PROBLEM DETAILS
Within these entries, which lines include the string "waits"? Copy each one.

*** RECORDS PROVIDED Section Begins ***

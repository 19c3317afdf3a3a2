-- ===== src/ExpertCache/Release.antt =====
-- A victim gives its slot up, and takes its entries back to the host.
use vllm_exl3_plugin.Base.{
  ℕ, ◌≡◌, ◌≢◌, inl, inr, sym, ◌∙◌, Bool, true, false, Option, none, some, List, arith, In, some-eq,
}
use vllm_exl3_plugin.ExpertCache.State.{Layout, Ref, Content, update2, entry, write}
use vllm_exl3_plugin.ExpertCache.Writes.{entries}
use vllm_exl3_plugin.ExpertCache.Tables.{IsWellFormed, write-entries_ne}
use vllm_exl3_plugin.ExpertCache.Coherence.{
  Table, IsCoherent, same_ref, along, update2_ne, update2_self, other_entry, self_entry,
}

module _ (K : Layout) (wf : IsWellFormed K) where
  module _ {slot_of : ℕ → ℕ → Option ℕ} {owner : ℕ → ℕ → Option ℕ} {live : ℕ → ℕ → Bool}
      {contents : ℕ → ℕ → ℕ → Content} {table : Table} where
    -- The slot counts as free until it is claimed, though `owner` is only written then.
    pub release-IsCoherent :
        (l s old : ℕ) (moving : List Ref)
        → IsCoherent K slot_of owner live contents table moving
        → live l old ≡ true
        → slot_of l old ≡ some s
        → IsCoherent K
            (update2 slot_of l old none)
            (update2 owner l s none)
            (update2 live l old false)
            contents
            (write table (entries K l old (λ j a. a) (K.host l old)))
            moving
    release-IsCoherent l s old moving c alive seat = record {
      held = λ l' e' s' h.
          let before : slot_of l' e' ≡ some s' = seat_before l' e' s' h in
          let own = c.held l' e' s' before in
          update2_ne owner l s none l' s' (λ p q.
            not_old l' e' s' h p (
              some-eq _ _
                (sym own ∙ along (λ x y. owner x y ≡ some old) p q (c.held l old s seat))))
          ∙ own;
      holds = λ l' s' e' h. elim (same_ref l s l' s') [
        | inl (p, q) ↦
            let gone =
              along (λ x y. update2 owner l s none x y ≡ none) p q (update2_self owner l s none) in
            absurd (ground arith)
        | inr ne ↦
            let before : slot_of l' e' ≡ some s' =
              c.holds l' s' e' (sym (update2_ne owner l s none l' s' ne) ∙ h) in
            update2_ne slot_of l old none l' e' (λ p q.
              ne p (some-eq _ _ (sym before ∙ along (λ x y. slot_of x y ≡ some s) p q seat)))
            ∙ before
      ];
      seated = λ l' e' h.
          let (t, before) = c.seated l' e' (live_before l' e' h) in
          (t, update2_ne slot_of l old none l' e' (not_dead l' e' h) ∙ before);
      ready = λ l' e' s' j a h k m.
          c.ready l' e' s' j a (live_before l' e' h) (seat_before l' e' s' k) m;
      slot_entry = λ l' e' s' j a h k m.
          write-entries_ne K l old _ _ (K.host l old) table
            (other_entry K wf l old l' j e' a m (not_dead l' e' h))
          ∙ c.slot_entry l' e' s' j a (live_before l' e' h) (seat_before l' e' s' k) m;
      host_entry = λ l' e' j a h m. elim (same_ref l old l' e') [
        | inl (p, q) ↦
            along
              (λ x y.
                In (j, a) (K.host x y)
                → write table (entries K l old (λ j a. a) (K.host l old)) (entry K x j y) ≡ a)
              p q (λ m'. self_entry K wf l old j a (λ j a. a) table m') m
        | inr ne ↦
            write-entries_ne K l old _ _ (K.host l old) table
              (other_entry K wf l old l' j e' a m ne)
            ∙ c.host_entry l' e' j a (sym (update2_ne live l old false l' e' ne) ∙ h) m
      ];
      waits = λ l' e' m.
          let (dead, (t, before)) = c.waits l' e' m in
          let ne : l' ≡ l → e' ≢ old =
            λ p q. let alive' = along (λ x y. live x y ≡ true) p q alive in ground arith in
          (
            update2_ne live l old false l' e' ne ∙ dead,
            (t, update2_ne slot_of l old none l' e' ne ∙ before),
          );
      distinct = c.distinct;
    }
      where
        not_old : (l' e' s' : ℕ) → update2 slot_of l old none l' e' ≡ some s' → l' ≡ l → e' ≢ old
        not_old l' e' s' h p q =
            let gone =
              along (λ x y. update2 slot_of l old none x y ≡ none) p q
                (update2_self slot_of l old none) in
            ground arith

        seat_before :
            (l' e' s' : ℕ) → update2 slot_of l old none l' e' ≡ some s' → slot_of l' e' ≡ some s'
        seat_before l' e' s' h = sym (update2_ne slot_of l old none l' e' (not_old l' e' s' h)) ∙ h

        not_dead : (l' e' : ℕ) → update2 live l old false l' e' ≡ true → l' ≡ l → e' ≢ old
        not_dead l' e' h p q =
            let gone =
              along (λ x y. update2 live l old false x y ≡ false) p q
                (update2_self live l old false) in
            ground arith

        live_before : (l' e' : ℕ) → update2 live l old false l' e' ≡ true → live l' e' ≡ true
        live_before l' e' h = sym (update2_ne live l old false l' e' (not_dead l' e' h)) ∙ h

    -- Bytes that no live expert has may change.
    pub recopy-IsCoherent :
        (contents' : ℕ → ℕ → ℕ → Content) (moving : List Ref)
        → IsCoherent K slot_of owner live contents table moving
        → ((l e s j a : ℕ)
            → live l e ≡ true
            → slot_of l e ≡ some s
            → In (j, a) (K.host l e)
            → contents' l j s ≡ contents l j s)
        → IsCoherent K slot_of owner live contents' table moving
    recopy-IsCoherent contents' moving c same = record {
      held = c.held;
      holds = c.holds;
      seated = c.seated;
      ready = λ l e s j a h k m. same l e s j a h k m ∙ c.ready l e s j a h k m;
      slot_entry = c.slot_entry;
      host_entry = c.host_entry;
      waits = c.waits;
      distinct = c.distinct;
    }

*** RECORDS PROVIDED Section Ends ***

REPLY TO THE TASK
      waits = λ l' e' m.
          let (dead, (t, before)) = c.waits l' e' m in
      waits = c.waits;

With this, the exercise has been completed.